RECORDS SHOWN
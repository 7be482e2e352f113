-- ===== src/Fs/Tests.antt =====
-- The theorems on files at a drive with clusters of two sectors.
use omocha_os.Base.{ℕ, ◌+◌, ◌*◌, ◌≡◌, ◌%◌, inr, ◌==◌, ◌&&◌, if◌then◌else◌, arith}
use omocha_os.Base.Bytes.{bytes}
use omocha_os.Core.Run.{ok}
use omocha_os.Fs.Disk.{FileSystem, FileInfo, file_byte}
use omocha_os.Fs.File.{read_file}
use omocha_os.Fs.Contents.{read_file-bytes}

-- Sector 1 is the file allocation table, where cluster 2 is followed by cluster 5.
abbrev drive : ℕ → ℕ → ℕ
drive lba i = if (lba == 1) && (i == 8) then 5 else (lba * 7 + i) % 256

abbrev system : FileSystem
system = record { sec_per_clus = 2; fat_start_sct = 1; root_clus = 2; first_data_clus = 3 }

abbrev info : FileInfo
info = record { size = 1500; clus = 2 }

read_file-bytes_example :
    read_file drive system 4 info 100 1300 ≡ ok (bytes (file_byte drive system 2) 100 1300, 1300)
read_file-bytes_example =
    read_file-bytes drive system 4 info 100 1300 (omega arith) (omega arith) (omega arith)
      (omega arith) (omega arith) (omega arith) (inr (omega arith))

WHAT YOU SHOULD DO
Each record above needs to be set down again, word for word.

RESULT OF THE EXERCISE
repository 7be482e2e352f113
-- ===== src/Fs/Tests.antt =====
-- The theorems on files at a drive with clusters of two sectors.
use omocha_os.Base.{ℕ, ◌+◌, ◌*◌, ◌≡◌, ◌%◌, inr, ◌==◌, ◌&&◌, if◌then◌else◌, arith}
use omocha_os.Base.Bytes.{bytes}
use omocha_os.Core.Run.{ok}
use omocha_os.Fs.Disk.{FileSystem, FileInfo, file_byte}
use omocha_os.Fs.File.{read_file}
use omocha_os.Fs.Contents.{read_file-bytes}

-- Sector 1 is the file allocation table, where cluster 2 is followed by cluster 5.
abbrev drive : ℕ → ℕ → ℕ
drive lba i = if (lba == 1) && (i == 8) then 5 else (lba * 7 + i) % 256

abbrev system : FileSystem
system = record { sec_per_clus = 2; fat_start_sct = 1; root_clus = 2; first_data_clus = 3 }

abbrev info : FileInfo
info = record { size = 1500; clus = 2 }

read_file-bytes_example :
    read_file drive system 4 info 100 1300 ≡ ok (bytes (file_byte drive system 2) 100 1300, 1300)
read_file-bytes_example =
    read_file-bytes drive system 4 info 100 1300 (omega arith) (omega arith) (omega arith)
      (omega arith) (omega arith) (omega arith) (inr (omega arith))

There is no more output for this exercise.